> **Task description**
The answer must be a single number: the count of lines in the records below that contain the word "passes".

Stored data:

* * *

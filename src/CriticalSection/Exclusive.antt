-- ===== src/CriticalSection/Exclusive.antt =====
-- Any number of threads in any interleaving.
use io_base.Base.{
  ℕ, zero, suc, ◌+◌, ◌==◌, ◌<◌, ◌≤◌, ◌≡◌, ◌↔◌, refl, sym, ap, ◌∙◌, subst, true, false, inl, inr,
  Option, none, some, List, [], ◌∷◌, ◌++◌, length, arith, Bool-cases, Option-cases,
}
use io_base.CriticalSection.Defs.{
  Shared, Call, Stage, owned_by, try_enter, advance, split_at, step, run, unlocked, is_stray,
  leaves_own,
}
use io_base.CriticalSection.Invariant.{passes, is_inside, signals, waits, Counts}
use io_base.CriticalSection.Sound.{IsSound, advance-IsSound}
use io_base.CriticalSection.Stands.{total, AllStand, AllStand-split}
use Call.{enters, tries}
use Stage.{outside, waiting, entering}

joined : List Stage → Option (List Stage × Stage × List Stage) → List Stage
joined stages none = stages
joined stages (some (before, stage, after)) = before ++ stage ∷ after

joined-split_at : (i : ℕ) (stages : List Stage) → joined stages (split_at i stages) ≡ stages
unfolding joined split_at
joined-split_at i [] = refl
joined-split_at zero (x ∷ stages) = refl
joined-split_at (suc i) (x ∷ stages) = elim (Option-cases (split_at i stages)) [
  | inl absent ↦ rw (absent, split_at) refl
  | inr ((before, stage, after), found) ↦
      rw (found, split_at) (ap (◌∷◌ x) (sym (ap (joined stages) found) ∙ joined-split_at i stages))
]

split_at-append :
    (i : ℕ) (stages before : List Stage) (stage : Stage) (after : List Stage)
    → split_at i stages ≡ some (before, stage, after)
    → stages ≡ before ++ stage ∷ after
unfolding joined
split_at-append i stages before stage after e =
    sym (joined-split_at i stages) ∙ ap (joined stages) e

-- The step succeeds, and leaves what holds before it.
abbrev Goes : Option (List Stage × Shared) → Type 0
Goes result = (end : List Stage × Shared) × (result ≡ some end) × IsSound end.0 end.1

step-Goes :
    (i : ℕ) (call : Call) (stages : List Stage) (h : Shared)
    → is_stray i call stages ≡ false
    → IsSound stages h
    → Goes (step i call stages h)
unfolding step is_stray
step-Goes i call stages h own sound = elim (Option-cases (split_at i stages)) [
  | inl absent ↦ ((stages, h), rw (absent, step) refl, sound)
  | inr ((before, stage, after), found) ↦
      let (passed, sound') =
        advance-IsSound call before stage after h (ground (arith, own, found))
          (subst (λ t. IsSound t h) (split_at-append i stages before stage after found) sound) in
      let (next, k) = advance (length before) call stage h in
      ((before ++ next ∷ after, k), rw (found, step, passed) refl, sound')
]

leaves_own-cons :
    (i : ℕ) (call : Call) (rest : List (ℕ × Call)) (stages : List Stage) (h : Shared)
    → leaves_own ((i, call) ∷ rest) stages h ≡ true
    → (is_stray i call stages ≡ false)
      × ((next : List Stage × Shared)
          → step i call stages h ≡ some next
          → leaves_own rest next.0 next.1 ≡ true)
unfolding leaves_own
leaves_own-cons i call rest stages h own = elim (Bool-cases (is_stray i call stages)) [
  | inl bad ↦ absurd (ground (arith, own, bad))
  | inr good ↦ (good, λ next e. ground (arith, own, good, e))
]

run-Goes :
    (schedule : List (ℕ × Call)) (stages : List Stage) (h : Shared)
    → leaves_own schedule stages h ≡ true
    → IsSound stages h
    → Goes (run schedule stages h)
unfolding run leaves_own
run-Goes [] stages h own sound = ((stages, h), refl, sound)
run-Goes ((i, call) ∷ rest) stages h own sound =
    let (good, later) = leaves_own-cons i call rest stages h own in
    let (next, e, sound') = step-Goes i call stages h good sound in
    let (end, e', sound'') = run-Goes rest next.0 next.1 (later next e) sound' in
    (end, rw (run, e) e', sound'')

abbrev pub outsiders : ℕ → List Stage
outsiders zero = []
outsiders (suc n) = outside ∷ outsiders n

nobody :
    (n : ℕ)
    → (total passes (outsiders n) ≡ 0)
      × (total is_inside (outsiders n) ≡ 0)
      × (total signals (outsiders n) ≡ 0)
      × (total waits (outsiders n) ≡ 0)
unfolding total
nobody zero = (refl, refl, refl, refl)
nobody (suc n) =
    let (p, i, s, w) = nobody n in
    (omega (arith, p), omega (arith, i), omega (arith, s), omega (arith, w))

all_outside : (n first : ℕ) → AllStand none 0 first (outsiders n)
unfolding AllStand
all_outside zero first = tt
all_outside (suc n) first = (refl, all_outside n (suc first))

outsiders-IsSound : (n : ℕ) → IsSound (outsiders n) unlocked
unfolding IsSound Counts
outsiders-IsSound n = let (p, i, s, w) = nobody n in (ground (arith, p, i, s, w), all_outside n 0)

one_of : (busy w : ℕ) → busy ≤ 1 → (busy ≡ 0 → w ≡ 0) → 0 < w → busy ≡ 1
one_of busy w one lost waited = ground arith

-- In the implementation for macOS that USE_NATIVE_MUTEX_ON_MAC switches off, from a lock that is free and any number
-- of threads without it, in any interleaving of their calls of Enter, TryEnter and Leave in which a thread calls
-- Leave only when it has the lock: no ABSL_DCHECK on the owner or the recursion fails; at most one thread has the lock
-- or is about to hand it on or can take it from the semaphore; as long as a thread waits in the semaphore, there is
-- one such, so no hand-over is lost; and the queue counter is the recursion, the threads on their way in or out, and
-- the waiting threads.
pub run-exclusive :
    (threads : ℕ) (schedule : List (ℕ × Call))
    → leaves_own schedule (outsiders threads) unlocked ≡ true
    → (end : List Stage × Shared) × (run schedule (outsiders threads) unlocked ≡ some end)
      × (let (stages, h) = end in
          let busy =
            total passes stages + total is_inside stages + total signals stages + h.semaphore_ in
          (busy ≤ 1)
          × (0 < total waits stages → busy ≡ 1)
          × (h.lock_queue_ ≡ h.recursion_ + total passes stages + total waits stages))
unfolding IsSound Counts
run-exclusive threads schedule own =
    let (end, e, sound) =
      run-Goes schedule (outsiders threads) unlocked own (outsiders-IsSound threads) in
    let (queue, one, handed, lost, free, recursive, owner) = sound.0 in
    (end, e, (one, λ waited. one_of _ _ one lost waited, queue))

-- A waiting thread that the semaphore lets pass finds no owner and no recursion, whatever the other threads do.
woken_finds_it_free :
    (before : List Stage) (after : List Stage) (h : Shared)
    → IsSound (before ++ waiting ∷ after) h
    → (advance (length before) enters waiting h).0 ≡ entering
    → (h.owning_thread_ ≡ none) × (h.recursion_ ≡ 0)
unfolding advance IsSound Counts
woken_finds_it_free before after h sound passed =
    let (queue, one, handed, lost, free, recursive, owner) = sound.0 in
    let set : 0 < h.semaphore_ = ground arith in
    let none_left : h.recursion_ ≡ 0 = free (omega (arith, one, set)) in
    (owner none_left, none_left)

queue_is_empty :
    (queue recursion p i s sem w : ℕ)
    → queue ≡ recursion + p + w
    → (p + i ≡ 0 → recursion ≡ 0)
    → (0 < i → 0 < recursion)
    → (p + i + s + sem ≡ 0 → w ≡ 0)
    → s + sem ≤ w
    → (queue ≡ 0) ↔ (p + i + s + sem + w ≡ 0)
queue_is_empty queue recursion p i s sem w fits free recursive lost handed = ground arith

-- TryEnter gives the lock to a thread outside in exactly the case that no thread has it, is about to hand it on,
-- can take it from the semaphore, or waits for it.
try_enter_lem :
    (before : List Stage) (after : List Stage) (h : Shared)
    → IsSound (before ++ outside ∷ after) h
    → let stages = before ++ outside ∷ after in
      ((advance (length before) tries outside h).0 ≡ entering) ↔ (
        total passes stages
          + total is_inside stages
          + total signals stages
          + h.semaphore_
          + total waits stages
        ≡ 0)
unfolding advance try_enter IsSound Counts
try_enter_lem before after h sound =
    let (queue, one, handed, lost, free, recursive, owner) = sound.0 in
    let (b, x, a) = AllStand-split h.owning_thread_ h.recursion_ 0 before outside after sound.1 in
    let other : owned_by h.owning_thread_ (length before) ≡ false =
      subst (λ m. owned_by h.owning_thread_ m ≡ false) (omega arith) x in
    let empty = queue_is_empty _ _ _ _ _ _ _ queue free recursive lost handed in
    elim (Bool-cases (h.lock_queue_ == 0)) [
      | inl e ↦ rw (other, e) (λ _. empty.0 (ground arith), λ _. refl)
      | inr e ↦
          rw (other, e)
            (λ got. absurd (cc), λ zero_sum. absurd (let z = empty.1 zero_sum in ground arith))
    ]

* * *

> **Written answer**
5